Collected data entries

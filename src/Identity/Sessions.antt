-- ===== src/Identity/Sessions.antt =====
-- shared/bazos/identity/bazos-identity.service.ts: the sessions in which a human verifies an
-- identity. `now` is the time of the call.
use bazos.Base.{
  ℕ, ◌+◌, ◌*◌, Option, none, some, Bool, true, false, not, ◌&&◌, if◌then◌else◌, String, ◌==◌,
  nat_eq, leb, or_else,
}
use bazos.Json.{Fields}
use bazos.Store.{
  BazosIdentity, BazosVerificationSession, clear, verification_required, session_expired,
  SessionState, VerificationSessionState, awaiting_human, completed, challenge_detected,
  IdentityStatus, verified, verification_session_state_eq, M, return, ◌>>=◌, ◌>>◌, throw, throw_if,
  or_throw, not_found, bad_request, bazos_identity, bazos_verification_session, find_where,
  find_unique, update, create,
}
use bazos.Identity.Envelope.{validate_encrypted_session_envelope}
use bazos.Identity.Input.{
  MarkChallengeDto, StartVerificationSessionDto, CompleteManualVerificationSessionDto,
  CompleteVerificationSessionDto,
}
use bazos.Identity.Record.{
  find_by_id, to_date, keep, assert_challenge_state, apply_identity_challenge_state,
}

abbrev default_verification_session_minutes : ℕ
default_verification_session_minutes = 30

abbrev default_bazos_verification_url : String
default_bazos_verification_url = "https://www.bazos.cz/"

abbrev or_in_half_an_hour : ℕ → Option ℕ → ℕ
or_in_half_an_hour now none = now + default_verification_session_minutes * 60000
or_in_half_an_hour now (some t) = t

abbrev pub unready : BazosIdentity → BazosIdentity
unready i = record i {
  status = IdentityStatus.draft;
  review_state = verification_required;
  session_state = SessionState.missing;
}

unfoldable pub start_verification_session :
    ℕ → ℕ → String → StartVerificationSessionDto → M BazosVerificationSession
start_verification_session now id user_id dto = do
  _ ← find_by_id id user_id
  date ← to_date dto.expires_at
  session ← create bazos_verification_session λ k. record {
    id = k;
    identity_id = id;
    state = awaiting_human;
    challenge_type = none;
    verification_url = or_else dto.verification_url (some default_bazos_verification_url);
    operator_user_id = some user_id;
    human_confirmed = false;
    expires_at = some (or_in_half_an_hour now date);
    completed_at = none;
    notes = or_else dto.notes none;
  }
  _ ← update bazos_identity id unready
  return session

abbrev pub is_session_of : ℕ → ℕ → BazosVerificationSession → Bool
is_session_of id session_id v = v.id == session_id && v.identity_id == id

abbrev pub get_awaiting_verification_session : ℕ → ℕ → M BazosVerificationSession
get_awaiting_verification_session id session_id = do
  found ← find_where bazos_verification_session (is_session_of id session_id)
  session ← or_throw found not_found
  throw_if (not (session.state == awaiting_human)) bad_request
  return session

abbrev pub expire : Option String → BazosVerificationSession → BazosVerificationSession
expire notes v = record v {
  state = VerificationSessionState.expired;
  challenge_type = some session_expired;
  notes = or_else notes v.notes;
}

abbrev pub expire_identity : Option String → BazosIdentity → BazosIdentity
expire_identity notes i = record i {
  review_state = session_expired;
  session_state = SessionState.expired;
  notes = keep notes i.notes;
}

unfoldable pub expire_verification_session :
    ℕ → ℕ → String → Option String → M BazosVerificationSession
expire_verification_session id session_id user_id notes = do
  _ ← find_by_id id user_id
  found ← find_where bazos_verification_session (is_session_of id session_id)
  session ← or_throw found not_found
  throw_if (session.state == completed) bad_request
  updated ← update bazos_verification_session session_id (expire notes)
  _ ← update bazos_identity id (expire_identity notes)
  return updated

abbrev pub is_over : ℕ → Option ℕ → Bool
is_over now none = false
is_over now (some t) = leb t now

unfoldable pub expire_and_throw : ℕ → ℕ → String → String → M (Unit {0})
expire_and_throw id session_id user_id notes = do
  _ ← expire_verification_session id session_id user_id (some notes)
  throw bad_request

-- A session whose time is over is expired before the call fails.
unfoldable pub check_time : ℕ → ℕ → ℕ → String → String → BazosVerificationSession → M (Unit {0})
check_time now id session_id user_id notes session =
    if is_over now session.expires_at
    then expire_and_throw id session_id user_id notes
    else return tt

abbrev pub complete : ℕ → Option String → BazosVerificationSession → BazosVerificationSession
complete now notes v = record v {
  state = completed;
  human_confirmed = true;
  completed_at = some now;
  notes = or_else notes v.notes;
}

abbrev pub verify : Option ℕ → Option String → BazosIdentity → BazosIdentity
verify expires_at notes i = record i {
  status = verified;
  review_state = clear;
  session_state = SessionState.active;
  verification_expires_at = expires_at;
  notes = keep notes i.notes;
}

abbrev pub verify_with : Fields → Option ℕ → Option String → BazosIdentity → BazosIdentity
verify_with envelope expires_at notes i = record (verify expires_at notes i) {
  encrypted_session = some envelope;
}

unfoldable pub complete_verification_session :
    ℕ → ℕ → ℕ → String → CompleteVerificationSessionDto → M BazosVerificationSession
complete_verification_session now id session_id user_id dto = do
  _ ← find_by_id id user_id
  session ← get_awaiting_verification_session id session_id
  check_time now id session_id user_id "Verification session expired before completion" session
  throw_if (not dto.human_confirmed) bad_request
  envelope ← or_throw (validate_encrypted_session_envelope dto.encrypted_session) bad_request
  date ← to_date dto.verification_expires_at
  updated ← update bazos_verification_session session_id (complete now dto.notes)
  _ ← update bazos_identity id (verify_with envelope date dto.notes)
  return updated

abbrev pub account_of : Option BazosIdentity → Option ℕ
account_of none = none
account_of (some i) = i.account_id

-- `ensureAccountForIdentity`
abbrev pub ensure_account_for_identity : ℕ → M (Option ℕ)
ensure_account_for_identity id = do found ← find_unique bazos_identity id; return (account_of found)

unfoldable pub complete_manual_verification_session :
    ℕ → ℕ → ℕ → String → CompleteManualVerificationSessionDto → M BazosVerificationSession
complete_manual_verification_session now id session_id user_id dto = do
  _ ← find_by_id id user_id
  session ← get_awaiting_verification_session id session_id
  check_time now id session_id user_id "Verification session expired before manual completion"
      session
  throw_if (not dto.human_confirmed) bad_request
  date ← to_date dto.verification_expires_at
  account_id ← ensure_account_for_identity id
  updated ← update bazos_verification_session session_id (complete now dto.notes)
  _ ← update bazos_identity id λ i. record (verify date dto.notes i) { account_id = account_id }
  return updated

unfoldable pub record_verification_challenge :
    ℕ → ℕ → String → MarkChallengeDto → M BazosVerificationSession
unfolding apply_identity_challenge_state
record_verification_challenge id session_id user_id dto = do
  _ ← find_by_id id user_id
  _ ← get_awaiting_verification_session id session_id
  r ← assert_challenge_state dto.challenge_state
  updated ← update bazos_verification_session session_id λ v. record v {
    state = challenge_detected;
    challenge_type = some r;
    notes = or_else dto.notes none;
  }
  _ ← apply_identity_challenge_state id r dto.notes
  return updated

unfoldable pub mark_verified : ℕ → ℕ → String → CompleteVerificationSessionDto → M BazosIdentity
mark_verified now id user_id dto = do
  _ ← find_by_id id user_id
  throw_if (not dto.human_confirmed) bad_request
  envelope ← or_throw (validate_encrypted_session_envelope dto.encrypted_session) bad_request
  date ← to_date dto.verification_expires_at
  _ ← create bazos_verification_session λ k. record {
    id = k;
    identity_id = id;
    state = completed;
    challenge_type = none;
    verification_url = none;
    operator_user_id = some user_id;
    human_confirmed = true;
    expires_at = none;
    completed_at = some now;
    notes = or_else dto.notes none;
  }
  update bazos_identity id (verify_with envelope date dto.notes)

...

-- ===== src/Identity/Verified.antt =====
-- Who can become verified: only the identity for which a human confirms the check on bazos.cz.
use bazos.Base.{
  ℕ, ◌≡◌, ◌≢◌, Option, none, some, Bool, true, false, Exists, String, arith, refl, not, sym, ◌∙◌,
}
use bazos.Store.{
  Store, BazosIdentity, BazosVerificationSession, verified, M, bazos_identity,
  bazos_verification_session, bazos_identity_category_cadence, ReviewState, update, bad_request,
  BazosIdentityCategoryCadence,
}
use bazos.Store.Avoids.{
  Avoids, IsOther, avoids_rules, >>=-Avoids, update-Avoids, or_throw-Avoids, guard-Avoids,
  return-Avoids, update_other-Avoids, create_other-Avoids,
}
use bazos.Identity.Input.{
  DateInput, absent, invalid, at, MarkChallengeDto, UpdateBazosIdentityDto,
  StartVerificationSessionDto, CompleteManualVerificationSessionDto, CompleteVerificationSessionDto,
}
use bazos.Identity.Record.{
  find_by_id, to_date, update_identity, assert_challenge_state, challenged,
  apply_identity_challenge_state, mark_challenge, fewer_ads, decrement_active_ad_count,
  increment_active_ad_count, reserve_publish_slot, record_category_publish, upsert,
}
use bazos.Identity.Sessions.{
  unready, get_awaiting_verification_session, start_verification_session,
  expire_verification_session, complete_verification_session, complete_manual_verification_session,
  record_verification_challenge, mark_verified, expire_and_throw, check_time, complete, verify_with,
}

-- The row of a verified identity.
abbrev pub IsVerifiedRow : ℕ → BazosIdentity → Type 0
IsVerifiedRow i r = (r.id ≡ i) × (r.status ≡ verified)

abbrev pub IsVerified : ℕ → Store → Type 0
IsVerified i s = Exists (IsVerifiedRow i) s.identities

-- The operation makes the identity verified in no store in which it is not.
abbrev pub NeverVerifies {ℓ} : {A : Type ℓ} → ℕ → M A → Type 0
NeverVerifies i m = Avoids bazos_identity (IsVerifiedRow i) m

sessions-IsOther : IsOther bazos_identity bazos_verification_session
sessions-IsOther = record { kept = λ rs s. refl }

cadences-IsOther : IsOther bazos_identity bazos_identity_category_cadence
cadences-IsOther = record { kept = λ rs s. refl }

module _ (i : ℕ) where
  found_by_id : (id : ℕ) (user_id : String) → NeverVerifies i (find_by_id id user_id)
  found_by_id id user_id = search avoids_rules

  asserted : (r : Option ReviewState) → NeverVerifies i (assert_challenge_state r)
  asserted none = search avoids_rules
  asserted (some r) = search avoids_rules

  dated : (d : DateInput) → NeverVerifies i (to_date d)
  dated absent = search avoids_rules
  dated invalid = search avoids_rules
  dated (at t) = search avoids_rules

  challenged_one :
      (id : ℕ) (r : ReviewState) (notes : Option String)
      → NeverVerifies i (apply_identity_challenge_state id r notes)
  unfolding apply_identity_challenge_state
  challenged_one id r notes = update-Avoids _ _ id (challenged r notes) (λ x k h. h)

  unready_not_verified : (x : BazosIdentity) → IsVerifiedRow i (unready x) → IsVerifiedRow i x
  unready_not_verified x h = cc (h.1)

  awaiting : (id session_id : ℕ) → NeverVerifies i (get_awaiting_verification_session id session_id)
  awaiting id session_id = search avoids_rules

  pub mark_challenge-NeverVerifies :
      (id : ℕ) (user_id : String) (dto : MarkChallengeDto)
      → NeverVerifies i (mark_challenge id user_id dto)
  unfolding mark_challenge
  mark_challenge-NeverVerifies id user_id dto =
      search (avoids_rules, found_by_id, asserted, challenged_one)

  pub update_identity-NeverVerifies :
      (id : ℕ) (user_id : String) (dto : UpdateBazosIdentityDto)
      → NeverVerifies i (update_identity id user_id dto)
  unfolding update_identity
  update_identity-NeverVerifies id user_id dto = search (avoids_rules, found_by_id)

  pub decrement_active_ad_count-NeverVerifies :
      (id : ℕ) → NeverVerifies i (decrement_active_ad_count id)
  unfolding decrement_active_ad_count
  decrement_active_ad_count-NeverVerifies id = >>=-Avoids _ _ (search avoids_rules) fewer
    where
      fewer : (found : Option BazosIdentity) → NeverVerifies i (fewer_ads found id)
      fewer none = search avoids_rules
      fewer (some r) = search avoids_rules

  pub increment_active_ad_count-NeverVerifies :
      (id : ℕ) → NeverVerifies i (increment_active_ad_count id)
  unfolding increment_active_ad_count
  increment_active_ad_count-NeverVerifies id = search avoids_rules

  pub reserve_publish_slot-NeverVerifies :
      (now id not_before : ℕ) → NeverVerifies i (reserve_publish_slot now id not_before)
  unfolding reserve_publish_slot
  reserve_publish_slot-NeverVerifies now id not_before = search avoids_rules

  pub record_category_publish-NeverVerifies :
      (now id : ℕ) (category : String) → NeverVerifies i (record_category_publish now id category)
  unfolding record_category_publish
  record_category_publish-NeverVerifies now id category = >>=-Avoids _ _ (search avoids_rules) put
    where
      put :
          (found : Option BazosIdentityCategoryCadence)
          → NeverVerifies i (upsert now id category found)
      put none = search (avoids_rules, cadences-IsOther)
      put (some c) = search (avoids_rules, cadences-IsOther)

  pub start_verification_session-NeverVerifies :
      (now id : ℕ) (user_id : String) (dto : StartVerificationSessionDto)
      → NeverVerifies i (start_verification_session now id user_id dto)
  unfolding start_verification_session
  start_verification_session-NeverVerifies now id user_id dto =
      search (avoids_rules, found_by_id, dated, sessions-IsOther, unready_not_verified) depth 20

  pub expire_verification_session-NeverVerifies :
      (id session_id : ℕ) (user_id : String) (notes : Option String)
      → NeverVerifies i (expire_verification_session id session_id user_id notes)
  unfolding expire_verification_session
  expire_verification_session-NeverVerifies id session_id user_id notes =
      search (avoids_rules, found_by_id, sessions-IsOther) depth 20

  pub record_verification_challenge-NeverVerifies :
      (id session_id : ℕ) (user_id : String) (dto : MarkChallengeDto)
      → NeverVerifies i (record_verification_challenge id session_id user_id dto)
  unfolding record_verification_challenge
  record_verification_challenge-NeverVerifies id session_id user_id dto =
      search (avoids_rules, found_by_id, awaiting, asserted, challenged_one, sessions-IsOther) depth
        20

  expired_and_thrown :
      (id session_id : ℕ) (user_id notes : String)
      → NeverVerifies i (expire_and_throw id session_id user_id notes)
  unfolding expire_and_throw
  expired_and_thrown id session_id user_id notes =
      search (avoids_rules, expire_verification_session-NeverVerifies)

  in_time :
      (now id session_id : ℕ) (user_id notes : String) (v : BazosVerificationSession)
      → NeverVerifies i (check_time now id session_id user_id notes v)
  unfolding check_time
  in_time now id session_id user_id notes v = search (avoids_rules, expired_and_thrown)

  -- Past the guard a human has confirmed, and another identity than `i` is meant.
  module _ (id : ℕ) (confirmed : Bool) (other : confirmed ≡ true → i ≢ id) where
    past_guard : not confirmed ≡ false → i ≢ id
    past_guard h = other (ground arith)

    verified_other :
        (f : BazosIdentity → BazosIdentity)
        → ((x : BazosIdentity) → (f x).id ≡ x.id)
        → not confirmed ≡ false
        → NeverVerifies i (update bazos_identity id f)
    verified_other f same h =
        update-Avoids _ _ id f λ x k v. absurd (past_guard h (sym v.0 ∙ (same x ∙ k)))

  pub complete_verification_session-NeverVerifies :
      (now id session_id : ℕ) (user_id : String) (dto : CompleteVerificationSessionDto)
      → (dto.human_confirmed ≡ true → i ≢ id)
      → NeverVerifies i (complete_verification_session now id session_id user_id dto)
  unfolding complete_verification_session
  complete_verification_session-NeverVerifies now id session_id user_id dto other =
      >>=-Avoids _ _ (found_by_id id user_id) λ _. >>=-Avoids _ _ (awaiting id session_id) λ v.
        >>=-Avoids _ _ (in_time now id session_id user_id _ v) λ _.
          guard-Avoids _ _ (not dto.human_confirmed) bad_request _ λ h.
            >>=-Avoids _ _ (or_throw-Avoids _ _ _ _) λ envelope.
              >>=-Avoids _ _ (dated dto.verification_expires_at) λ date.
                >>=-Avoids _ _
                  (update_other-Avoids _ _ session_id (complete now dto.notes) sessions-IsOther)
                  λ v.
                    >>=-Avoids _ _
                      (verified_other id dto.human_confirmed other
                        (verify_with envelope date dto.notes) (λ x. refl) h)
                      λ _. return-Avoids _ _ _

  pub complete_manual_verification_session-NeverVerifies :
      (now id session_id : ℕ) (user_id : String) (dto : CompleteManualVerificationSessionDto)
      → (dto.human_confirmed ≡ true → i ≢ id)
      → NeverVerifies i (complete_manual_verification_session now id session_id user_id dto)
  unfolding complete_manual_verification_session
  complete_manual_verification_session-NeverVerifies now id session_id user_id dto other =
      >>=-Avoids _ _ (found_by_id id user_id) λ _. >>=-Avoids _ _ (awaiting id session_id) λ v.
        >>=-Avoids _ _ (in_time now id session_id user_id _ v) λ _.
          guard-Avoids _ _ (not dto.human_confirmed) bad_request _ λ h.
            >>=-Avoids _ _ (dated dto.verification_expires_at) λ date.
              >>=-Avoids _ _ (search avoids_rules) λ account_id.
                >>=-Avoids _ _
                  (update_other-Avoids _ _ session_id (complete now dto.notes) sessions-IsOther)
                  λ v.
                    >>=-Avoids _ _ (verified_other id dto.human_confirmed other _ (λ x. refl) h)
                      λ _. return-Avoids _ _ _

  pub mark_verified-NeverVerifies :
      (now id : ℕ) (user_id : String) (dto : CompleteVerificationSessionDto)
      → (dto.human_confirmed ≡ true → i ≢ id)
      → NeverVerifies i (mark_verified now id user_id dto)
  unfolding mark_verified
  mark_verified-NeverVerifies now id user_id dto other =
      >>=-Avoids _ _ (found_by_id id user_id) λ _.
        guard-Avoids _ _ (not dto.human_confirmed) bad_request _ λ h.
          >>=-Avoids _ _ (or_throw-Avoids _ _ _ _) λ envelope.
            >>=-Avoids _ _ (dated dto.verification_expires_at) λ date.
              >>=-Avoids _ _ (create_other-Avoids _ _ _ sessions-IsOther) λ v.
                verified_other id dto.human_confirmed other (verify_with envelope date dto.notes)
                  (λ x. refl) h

■ What the task asks ■
List, from the entries above, every line in which the word "Fields" shows up.

■ Problem solution ■
use bazos.Json.{Fields}
abbrev pub verify_with : Fields → Option ℕ → Option String → BazosIdentity → BazosIdentity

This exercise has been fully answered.